• **Records shown**:
□ □ □ □ □ □ □

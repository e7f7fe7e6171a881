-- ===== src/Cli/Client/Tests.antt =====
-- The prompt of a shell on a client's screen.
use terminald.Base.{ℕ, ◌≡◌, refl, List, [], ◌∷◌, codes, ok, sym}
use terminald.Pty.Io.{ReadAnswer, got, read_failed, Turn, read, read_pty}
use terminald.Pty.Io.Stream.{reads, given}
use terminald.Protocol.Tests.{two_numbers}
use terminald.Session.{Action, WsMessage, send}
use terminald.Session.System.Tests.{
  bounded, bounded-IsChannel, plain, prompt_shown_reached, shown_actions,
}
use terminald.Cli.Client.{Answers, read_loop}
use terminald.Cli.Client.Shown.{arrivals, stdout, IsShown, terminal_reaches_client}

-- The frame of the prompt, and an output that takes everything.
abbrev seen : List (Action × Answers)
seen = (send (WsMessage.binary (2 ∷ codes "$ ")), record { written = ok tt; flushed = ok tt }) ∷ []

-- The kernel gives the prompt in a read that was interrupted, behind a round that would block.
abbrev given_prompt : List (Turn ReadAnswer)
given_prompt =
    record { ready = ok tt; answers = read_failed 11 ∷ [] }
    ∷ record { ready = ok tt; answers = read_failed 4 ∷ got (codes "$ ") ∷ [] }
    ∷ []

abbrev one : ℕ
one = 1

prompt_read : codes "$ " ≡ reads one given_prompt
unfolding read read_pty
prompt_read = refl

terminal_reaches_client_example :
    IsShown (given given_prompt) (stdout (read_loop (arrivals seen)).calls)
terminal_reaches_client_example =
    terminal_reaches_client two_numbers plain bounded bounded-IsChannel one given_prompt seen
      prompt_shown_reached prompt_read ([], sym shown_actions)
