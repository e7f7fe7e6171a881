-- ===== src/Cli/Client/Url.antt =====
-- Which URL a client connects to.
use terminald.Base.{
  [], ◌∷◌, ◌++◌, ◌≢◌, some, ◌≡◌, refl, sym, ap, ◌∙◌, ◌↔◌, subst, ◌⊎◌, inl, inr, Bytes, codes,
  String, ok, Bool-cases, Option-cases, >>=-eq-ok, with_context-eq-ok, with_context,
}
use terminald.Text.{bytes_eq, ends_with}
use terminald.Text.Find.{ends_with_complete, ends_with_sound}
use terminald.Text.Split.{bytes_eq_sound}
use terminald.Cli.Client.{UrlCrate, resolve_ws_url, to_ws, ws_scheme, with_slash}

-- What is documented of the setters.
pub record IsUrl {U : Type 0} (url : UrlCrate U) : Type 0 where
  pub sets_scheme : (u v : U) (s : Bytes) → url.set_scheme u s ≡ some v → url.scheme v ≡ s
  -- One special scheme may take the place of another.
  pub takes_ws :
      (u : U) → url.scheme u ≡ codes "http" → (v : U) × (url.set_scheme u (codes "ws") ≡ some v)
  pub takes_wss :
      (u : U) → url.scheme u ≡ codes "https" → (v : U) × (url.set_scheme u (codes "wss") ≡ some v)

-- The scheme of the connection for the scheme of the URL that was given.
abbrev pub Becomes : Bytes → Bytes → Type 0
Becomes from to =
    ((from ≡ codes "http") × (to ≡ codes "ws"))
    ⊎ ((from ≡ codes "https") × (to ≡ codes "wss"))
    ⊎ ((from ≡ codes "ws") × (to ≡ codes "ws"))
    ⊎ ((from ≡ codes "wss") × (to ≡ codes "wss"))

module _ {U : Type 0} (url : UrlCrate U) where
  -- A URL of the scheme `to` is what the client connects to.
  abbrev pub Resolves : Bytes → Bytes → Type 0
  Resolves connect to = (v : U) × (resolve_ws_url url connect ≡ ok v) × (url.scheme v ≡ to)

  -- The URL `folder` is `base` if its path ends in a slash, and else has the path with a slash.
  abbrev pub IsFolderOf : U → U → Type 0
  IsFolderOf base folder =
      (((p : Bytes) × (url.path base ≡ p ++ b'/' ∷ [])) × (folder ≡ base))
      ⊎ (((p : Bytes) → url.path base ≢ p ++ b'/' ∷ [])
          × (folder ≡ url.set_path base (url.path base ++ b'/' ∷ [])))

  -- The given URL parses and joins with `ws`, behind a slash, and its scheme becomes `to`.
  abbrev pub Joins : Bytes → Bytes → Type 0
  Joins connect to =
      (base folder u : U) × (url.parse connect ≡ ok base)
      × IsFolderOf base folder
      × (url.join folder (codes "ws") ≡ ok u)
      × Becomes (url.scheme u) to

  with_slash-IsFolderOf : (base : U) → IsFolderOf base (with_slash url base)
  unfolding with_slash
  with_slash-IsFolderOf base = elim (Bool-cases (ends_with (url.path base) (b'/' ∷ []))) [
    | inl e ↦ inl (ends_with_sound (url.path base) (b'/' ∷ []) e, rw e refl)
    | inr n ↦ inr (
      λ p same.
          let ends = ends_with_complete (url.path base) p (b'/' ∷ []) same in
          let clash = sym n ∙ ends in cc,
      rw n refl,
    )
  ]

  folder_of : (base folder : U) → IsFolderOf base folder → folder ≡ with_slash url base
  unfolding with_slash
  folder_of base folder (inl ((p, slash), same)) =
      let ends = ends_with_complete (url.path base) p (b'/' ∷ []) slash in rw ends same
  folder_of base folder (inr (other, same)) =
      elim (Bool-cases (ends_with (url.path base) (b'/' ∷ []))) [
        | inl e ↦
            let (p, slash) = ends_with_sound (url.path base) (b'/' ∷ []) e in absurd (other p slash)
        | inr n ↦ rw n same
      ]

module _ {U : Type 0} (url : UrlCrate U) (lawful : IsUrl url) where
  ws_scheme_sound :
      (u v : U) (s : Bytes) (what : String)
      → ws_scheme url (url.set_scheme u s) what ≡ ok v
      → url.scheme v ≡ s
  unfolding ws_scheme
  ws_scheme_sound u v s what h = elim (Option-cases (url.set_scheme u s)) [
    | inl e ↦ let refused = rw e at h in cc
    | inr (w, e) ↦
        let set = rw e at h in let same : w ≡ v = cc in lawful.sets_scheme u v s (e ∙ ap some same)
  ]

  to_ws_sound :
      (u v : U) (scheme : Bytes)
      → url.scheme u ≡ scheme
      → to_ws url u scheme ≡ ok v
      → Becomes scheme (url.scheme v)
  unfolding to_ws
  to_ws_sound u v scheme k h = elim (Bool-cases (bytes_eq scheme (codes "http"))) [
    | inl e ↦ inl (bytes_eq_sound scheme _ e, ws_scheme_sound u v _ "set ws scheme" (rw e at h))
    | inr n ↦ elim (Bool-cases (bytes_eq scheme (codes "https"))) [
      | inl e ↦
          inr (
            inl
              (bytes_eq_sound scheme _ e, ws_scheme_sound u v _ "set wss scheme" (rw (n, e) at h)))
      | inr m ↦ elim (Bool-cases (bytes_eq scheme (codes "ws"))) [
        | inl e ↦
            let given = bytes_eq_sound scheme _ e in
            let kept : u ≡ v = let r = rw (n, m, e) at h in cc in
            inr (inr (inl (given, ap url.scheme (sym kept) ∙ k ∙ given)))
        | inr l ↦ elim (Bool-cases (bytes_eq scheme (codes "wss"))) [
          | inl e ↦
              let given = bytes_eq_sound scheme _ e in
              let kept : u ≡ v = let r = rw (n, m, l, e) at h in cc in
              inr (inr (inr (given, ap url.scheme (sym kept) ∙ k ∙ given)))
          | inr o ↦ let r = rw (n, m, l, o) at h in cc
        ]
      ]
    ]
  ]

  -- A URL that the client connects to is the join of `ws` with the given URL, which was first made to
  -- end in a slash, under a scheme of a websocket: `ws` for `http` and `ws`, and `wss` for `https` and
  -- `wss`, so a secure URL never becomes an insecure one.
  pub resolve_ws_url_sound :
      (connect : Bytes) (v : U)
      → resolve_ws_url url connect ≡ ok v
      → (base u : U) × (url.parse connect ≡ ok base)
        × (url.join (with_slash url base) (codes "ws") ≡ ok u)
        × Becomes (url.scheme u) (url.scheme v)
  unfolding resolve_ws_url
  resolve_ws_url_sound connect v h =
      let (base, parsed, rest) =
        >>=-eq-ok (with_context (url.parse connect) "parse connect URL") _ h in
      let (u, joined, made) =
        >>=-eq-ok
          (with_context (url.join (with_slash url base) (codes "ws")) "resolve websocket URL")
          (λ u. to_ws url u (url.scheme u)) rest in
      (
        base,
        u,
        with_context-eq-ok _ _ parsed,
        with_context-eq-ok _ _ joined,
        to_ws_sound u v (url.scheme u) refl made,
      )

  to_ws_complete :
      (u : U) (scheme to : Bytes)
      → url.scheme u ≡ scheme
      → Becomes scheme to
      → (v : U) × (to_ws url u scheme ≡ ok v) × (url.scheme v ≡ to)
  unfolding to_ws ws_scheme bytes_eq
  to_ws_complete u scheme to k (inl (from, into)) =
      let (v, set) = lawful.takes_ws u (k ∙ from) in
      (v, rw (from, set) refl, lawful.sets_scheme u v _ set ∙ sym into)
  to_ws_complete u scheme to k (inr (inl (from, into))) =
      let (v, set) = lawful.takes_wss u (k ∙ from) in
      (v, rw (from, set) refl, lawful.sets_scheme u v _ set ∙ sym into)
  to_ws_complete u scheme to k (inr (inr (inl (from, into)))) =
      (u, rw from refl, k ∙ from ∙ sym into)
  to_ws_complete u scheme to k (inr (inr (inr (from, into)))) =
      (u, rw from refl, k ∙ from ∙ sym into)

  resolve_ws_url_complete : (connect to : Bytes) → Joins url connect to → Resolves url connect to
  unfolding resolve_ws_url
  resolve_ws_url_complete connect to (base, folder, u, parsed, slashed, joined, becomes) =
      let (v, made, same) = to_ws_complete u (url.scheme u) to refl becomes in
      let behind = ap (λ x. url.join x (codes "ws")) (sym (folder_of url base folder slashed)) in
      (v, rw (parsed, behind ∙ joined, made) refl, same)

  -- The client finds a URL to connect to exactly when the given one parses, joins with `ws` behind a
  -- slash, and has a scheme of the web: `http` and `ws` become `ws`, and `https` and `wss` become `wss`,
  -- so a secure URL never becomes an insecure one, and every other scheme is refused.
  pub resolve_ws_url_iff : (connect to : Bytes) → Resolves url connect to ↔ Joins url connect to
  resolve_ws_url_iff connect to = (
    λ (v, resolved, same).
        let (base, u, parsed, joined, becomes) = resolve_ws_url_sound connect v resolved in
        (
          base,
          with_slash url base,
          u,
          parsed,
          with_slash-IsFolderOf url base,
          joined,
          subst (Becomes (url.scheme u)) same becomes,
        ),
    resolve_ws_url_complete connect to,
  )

□ □ □ □ □ □ □

• **Exercise instructions**: Give back exactly the lines of the listing above that run from the line with "m, e) at h in cc in" to the line with "inr (inr (inr (given, ap", inclusive.

• **Reply to the task**:
            let kept : u ≡ v = let r = rw (n, m, e) at h in cc in
            inr (inr (inl (given, ap url.scheme (sym kept) ∙ k ∙ given)))
        | inr l ↦ elim (Bool-cases (bytes_eq scheme (codes "wss"))) [
          | inl e ↦
              let given = bytes_eq_sound scheme _ e in
              let kept : u ≡ v = let r = rw (n, m, l, e) at h in cc in
              inr (inr (inr (given, ap url.scheme (sym kept) ∙ k ∙ given)))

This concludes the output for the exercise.